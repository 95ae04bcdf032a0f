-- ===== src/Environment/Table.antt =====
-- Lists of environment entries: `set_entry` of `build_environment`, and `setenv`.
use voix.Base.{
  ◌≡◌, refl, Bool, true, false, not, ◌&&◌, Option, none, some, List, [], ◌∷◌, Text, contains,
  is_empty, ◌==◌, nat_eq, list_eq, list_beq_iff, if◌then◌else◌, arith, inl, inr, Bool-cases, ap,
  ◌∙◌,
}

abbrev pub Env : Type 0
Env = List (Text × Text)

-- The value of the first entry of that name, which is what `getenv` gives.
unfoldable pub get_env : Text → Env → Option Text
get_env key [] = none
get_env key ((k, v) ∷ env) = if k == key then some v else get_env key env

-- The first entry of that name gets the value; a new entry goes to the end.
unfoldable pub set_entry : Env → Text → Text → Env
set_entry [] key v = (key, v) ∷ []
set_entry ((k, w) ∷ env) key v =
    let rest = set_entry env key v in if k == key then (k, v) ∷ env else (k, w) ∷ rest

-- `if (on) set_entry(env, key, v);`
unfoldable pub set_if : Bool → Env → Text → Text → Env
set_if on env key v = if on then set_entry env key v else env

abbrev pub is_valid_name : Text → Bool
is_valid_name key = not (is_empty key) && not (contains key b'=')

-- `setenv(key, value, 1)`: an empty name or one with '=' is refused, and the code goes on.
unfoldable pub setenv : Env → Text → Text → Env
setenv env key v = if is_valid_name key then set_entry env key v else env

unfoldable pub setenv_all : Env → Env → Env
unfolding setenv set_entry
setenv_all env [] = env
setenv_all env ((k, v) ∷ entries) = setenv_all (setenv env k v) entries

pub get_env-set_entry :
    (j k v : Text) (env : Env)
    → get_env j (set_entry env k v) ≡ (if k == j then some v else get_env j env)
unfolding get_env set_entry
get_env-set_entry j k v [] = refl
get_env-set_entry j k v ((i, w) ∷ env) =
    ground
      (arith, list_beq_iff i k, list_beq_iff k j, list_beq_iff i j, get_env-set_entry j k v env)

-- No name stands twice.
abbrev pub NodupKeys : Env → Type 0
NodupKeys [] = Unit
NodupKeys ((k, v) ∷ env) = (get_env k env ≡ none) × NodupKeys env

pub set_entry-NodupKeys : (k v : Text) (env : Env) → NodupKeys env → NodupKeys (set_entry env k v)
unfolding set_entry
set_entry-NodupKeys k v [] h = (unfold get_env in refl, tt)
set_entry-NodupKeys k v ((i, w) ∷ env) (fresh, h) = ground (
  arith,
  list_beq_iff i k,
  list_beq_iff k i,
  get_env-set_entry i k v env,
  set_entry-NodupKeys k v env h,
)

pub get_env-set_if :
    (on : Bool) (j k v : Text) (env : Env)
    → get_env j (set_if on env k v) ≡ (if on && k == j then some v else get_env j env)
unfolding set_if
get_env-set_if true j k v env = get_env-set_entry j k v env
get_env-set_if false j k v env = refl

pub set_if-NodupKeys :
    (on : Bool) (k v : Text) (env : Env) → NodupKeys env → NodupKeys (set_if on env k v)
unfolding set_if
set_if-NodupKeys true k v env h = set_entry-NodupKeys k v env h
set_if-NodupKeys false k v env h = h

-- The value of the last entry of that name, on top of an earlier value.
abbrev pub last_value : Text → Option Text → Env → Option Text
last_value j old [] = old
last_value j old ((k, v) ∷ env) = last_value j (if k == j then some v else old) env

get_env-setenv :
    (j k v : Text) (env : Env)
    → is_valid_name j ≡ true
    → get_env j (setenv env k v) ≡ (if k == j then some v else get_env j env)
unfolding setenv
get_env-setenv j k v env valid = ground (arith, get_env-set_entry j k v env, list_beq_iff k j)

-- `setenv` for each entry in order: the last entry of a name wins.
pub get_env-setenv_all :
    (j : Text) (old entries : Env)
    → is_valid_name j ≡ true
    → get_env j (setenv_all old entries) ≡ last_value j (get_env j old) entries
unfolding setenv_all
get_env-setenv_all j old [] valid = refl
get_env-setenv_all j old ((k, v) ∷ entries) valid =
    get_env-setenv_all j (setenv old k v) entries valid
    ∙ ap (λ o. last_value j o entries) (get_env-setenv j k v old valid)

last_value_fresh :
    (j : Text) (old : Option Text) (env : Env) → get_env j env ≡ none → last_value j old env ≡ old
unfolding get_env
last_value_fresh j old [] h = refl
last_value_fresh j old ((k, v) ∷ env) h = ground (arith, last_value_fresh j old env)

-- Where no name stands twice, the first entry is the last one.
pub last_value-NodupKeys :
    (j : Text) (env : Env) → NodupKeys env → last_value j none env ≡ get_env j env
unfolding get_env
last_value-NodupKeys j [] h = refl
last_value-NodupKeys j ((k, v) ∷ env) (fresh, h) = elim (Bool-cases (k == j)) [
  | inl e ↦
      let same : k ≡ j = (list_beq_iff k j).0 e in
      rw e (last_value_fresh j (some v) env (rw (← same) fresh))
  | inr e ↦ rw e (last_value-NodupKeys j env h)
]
============
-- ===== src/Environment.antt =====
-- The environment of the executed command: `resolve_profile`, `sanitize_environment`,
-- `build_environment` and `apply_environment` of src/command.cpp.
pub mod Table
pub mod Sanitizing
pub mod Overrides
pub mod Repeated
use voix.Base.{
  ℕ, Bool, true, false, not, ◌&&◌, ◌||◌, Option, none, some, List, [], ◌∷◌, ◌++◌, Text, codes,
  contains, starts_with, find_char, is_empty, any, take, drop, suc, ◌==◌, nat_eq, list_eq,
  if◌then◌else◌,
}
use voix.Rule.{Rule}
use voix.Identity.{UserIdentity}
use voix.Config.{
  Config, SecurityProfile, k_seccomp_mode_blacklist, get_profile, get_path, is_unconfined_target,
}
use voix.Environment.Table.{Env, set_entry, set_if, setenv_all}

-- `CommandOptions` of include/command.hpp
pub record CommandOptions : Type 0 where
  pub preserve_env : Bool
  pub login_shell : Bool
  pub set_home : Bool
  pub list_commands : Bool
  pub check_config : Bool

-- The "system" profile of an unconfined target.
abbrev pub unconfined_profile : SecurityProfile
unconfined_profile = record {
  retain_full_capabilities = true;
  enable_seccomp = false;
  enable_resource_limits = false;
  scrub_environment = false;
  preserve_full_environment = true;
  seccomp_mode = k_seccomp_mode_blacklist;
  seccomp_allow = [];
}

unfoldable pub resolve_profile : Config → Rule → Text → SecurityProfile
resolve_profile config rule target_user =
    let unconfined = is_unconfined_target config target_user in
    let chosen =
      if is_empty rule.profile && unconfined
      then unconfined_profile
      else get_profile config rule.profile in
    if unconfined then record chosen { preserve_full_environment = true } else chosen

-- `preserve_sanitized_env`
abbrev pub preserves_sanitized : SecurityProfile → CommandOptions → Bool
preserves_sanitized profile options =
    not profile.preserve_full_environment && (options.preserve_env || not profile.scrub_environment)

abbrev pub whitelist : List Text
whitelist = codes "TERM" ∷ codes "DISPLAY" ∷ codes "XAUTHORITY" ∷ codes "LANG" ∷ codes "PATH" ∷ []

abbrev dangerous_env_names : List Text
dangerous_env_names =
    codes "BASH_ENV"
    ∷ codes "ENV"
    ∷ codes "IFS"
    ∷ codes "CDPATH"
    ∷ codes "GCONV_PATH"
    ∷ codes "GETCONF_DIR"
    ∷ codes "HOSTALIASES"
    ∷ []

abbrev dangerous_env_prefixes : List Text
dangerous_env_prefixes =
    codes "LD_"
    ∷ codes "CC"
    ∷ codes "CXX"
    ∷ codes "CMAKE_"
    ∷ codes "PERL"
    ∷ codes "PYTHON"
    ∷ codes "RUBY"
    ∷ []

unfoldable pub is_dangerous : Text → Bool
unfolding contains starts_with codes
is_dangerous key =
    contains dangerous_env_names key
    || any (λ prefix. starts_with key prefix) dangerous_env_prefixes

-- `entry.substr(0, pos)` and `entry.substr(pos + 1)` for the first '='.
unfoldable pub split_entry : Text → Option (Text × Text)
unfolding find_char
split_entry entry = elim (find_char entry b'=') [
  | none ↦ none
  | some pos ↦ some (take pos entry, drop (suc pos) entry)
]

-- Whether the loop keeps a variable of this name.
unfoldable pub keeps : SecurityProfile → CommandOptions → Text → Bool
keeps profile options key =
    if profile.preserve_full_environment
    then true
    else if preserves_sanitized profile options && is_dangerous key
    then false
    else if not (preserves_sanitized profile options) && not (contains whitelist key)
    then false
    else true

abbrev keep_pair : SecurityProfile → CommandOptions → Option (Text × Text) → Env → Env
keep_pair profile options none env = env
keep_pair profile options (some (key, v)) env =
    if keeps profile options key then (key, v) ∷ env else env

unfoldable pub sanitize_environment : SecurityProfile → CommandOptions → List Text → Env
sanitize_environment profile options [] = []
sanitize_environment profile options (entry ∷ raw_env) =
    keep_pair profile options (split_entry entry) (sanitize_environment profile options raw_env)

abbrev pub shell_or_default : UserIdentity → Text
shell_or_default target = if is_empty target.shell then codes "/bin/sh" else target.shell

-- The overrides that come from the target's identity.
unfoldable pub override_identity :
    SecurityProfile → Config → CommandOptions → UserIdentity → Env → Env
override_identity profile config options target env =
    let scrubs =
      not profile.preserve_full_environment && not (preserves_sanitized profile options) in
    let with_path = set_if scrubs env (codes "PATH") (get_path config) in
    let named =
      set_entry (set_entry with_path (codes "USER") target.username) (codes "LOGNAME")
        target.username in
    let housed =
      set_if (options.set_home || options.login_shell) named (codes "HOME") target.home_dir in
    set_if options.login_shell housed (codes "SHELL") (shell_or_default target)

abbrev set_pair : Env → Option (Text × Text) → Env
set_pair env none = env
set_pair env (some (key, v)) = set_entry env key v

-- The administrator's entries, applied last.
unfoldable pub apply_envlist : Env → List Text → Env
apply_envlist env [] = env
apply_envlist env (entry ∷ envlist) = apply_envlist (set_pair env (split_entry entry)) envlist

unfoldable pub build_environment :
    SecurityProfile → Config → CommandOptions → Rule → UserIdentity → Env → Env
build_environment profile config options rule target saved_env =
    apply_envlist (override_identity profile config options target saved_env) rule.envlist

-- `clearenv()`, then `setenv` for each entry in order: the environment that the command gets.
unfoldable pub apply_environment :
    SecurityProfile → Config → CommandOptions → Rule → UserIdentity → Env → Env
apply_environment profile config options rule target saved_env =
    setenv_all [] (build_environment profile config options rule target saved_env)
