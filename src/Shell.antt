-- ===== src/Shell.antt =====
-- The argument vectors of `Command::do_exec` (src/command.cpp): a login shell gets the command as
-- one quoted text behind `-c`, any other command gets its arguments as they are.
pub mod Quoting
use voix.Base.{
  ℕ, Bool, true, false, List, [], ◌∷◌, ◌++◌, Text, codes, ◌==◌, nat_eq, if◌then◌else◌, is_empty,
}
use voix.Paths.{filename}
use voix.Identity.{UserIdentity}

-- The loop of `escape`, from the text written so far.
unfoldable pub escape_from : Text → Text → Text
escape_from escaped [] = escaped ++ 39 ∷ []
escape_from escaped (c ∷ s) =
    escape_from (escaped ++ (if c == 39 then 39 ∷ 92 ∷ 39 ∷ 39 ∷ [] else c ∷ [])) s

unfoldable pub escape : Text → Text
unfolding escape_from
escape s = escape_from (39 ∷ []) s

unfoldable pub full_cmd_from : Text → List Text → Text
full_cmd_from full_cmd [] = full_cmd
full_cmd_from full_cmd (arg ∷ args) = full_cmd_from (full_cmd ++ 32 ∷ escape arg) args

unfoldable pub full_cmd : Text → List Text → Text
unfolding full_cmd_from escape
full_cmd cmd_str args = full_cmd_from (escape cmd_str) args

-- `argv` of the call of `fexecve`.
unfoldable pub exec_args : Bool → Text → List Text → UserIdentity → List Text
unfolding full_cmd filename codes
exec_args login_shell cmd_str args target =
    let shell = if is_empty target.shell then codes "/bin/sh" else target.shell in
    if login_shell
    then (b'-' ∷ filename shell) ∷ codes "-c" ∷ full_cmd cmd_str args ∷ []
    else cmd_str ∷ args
============
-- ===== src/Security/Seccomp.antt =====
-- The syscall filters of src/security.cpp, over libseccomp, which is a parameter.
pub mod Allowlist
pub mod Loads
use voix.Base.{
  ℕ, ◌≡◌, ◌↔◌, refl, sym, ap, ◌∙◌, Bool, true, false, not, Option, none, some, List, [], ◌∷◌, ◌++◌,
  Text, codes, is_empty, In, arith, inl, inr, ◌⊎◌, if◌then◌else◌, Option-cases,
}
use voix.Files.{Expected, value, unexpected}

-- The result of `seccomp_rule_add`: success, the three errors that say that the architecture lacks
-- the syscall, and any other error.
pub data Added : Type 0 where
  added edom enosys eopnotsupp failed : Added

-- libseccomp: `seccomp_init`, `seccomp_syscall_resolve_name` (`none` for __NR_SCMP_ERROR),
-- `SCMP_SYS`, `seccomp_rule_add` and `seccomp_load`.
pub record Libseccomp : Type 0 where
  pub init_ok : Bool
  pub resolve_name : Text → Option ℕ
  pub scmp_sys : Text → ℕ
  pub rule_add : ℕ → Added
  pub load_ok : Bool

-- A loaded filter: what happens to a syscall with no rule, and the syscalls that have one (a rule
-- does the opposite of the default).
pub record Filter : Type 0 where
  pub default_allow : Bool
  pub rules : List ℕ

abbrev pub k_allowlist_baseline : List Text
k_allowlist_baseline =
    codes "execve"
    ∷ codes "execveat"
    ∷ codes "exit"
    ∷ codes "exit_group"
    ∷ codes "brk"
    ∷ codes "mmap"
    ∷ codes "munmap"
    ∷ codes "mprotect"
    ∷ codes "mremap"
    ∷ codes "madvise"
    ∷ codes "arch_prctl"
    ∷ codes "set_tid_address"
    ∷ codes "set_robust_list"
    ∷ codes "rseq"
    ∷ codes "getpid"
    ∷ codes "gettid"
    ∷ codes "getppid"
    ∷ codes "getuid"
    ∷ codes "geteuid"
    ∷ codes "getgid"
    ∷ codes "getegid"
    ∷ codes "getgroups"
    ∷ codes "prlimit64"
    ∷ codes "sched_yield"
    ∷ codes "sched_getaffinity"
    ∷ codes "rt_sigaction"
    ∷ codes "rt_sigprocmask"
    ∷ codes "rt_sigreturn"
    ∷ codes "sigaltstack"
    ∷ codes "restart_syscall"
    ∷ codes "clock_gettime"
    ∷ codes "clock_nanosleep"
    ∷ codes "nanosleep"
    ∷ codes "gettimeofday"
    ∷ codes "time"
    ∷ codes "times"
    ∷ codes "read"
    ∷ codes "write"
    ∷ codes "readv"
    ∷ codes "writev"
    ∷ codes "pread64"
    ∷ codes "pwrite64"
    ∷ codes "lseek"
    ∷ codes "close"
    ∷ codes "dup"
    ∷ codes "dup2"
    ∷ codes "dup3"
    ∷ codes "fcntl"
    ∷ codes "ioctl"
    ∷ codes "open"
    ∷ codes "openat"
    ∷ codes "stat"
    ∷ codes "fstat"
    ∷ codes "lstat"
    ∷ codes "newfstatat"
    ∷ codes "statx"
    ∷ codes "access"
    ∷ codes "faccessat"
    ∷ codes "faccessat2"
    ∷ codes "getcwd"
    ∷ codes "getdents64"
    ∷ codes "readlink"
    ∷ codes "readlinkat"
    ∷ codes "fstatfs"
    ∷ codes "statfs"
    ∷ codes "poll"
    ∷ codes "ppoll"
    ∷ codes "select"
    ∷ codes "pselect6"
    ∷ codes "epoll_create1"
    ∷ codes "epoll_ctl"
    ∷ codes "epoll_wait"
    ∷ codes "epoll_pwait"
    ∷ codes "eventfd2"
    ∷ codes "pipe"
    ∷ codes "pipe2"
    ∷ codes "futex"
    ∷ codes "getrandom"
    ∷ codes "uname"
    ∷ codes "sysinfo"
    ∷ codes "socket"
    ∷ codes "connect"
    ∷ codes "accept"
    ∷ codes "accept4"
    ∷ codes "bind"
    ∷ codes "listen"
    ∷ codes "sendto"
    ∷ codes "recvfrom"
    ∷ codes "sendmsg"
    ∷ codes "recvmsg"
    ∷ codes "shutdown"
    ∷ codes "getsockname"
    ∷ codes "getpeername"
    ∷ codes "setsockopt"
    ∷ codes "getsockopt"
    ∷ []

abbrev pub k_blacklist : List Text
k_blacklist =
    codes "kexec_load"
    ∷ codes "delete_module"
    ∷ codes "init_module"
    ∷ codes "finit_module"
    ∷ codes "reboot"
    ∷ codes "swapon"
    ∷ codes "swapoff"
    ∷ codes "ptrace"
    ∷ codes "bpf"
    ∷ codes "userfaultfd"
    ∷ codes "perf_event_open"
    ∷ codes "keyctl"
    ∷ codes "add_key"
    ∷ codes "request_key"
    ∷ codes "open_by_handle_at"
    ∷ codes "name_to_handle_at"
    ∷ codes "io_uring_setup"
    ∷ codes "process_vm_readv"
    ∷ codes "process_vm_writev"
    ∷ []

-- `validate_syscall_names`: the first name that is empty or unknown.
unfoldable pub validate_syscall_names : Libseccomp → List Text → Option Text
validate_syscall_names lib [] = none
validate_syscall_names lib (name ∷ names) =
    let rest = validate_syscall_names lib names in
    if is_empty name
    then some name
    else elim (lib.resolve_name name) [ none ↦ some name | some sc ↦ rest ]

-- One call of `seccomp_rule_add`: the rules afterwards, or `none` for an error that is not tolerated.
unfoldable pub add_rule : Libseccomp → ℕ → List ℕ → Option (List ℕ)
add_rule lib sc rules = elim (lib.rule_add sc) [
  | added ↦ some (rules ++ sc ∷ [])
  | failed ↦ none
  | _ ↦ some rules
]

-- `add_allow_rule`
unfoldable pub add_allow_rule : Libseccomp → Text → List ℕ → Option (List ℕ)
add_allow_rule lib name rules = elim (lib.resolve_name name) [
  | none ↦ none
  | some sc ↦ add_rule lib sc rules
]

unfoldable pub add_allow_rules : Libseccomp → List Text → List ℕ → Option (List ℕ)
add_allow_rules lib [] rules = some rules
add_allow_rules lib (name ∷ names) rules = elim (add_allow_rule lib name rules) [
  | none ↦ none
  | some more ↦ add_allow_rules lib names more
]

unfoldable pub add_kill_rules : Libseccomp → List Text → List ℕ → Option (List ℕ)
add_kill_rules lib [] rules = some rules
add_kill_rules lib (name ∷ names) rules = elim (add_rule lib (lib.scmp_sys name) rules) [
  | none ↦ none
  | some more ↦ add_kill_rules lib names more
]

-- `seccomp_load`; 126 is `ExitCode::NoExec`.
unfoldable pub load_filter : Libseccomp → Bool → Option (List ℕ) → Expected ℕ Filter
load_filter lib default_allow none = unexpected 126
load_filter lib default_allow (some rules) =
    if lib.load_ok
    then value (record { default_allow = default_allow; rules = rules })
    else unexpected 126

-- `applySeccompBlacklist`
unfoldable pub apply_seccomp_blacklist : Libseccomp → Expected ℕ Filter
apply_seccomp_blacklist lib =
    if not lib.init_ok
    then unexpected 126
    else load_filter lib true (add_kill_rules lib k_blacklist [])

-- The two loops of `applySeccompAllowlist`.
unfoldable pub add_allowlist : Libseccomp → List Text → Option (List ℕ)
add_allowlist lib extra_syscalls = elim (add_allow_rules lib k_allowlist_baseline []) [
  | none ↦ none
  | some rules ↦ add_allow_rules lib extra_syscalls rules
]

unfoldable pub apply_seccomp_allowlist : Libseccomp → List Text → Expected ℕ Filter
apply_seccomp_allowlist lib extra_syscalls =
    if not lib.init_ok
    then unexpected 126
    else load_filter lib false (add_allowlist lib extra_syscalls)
============
### Work request
Copy out each line of the records where the string "more" appears.

### Exercise solution
  | some more ↦ add_allow_rules lib names more
  | some more ↦ add_kill_rules lib names more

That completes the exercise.